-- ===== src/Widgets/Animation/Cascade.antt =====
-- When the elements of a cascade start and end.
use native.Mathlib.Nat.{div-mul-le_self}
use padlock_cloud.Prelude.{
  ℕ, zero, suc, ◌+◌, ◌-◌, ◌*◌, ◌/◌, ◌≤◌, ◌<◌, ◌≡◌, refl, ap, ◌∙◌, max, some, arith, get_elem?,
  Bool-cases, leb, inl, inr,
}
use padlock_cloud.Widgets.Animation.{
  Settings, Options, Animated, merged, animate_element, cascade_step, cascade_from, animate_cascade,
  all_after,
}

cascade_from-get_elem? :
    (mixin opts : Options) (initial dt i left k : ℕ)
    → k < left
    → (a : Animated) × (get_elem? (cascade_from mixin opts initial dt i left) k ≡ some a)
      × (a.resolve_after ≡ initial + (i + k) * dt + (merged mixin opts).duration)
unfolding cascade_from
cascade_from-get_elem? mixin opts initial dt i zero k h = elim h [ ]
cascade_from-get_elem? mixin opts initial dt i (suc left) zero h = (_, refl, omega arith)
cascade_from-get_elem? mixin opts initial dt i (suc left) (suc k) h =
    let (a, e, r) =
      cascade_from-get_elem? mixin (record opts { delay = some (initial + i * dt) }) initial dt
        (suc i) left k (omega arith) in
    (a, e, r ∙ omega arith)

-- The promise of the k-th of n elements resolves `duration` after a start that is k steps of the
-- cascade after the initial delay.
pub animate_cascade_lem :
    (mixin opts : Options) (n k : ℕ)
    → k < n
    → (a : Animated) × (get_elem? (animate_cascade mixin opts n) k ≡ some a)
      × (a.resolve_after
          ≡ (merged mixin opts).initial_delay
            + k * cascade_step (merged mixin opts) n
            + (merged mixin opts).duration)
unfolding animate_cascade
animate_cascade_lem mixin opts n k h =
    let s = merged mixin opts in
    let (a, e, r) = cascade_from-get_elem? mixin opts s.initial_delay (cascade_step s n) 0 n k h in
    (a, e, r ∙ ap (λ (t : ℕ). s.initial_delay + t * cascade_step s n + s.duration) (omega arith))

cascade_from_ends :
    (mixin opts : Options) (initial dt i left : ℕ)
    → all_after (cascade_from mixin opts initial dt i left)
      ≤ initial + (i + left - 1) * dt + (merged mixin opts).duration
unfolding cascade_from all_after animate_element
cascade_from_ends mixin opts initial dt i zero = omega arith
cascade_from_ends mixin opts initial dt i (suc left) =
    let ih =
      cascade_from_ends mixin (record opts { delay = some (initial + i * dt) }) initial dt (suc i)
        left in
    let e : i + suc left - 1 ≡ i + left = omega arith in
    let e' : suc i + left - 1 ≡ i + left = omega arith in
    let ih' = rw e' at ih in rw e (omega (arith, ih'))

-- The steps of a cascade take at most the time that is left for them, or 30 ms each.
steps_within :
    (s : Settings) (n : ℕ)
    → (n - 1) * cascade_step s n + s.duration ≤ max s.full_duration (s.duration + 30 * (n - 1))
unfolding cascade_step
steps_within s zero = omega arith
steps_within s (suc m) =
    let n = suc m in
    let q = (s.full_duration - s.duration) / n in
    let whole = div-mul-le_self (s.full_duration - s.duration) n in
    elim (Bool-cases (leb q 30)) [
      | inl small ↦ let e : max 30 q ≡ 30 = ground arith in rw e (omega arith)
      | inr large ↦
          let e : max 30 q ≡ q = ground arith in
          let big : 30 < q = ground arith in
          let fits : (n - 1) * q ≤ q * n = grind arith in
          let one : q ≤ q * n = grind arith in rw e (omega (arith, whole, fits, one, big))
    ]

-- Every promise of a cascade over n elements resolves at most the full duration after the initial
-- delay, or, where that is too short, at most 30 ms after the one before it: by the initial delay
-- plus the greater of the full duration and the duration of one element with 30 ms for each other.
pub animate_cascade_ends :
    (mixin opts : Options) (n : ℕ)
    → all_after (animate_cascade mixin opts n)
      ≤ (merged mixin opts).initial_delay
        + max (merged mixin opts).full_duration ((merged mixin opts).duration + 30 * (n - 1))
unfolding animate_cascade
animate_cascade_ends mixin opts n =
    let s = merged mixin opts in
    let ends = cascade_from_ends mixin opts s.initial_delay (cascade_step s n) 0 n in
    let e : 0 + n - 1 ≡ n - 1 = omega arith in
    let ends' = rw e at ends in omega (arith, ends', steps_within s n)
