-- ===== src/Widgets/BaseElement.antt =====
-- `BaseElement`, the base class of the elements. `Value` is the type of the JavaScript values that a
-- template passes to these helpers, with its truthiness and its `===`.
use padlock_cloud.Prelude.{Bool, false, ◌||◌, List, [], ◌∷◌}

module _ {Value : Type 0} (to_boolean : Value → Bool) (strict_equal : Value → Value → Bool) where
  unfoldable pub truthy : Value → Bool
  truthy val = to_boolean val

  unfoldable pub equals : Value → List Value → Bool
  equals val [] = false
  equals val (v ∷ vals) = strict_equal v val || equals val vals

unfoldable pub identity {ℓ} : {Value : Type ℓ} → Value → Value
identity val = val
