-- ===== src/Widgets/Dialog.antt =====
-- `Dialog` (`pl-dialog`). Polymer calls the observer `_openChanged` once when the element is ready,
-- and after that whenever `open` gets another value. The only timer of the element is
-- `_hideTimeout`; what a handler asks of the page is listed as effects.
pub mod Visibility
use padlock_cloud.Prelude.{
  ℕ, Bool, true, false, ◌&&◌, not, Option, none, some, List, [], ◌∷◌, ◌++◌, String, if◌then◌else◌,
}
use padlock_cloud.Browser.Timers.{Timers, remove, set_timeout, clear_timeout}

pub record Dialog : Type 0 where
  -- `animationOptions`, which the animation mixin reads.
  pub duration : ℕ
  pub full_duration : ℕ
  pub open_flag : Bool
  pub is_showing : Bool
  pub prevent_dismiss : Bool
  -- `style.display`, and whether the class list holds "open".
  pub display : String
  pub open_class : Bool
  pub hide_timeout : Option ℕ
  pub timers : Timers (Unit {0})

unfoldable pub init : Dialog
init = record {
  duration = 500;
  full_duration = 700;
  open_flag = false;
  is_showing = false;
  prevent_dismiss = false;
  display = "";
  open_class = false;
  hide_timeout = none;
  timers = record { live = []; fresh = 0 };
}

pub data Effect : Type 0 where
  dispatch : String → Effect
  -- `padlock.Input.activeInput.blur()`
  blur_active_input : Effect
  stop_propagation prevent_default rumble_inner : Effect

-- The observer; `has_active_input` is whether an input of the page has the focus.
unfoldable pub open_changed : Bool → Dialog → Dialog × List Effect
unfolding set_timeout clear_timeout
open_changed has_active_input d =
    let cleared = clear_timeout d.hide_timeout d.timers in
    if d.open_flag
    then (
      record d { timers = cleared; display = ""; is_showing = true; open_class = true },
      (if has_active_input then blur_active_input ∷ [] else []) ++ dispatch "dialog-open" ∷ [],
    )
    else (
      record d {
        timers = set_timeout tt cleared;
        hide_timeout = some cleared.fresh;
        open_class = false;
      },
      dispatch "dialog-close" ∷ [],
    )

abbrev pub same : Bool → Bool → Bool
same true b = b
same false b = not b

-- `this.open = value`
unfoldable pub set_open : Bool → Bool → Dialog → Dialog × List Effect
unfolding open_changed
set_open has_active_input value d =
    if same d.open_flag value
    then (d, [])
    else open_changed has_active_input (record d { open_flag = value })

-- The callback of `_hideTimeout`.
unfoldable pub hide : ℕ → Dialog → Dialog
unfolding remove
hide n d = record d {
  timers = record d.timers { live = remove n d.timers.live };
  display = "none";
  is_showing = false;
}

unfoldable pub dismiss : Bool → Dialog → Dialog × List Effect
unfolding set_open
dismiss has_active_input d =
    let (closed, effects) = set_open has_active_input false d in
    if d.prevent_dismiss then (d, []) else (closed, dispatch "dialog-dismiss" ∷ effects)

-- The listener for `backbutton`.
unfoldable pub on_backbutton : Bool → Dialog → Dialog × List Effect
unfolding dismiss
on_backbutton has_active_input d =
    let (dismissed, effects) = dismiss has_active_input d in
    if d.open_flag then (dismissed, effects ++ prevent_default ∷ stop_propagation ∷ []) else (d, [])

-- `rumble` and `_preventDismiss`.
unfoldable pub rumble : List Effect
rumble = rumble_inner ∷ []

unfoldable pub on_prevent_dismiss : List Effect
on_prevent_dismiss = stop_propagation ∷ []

□ □ □ □ □

▸ Work request
From the data above, output only the lines between the line containing "values that a" and the line containing "Value → Bool) where", inclusive, exactly as written.

▸ Solution below
-- `BaseElement`, the base class of the elements. `Value` is the type of the JavaScript values that a
-- template passes to these helpers, with its truthiness and its `===`.
use padlock_cloud.Prelude.{Bool, false, ◌||◌, List, [], ◌∷◌}

module _ {Value : Type 0} (to_boolean : Value → Bool) (strict_equal : Value → Value → Bool) where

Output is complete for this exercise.